### ASSIGNMENT
In the records below, some lines contain the word "Object". Copy each of them.

### THE INPUT
- Opening Delimiter -
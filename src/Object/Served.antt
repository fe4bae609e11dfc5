-- ===== src/Object/Served.antt =====
-- The buffers of the textures under the requests of the clients.
use s3d.Base.{◌*◌, ◌^◌, ◌≤◌, ◌<◌, length}
use s3d.Object.Request.{Request}

-- A request for pixels of a texture lies at most 2 ^ 15 to the right, and has the bytes of its picture.
abbrev pub HasPixels : {F : Type 0} → Request F → Type 0
HasPixels (Request.load_tex oid tex x y w h pixbuf) =
    (x ≤ 2 ^ 15) × (y < 2 ^ 16) × (4 * (w * h) ≤ length pixbuf)
HasPixels q = Unit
- Closing Delimiter -
### RESPONSE AREA
filename src/Object/Served.antt
-- ===== src/Object/Served.antt =====
use s3d.Object.Request.{Request}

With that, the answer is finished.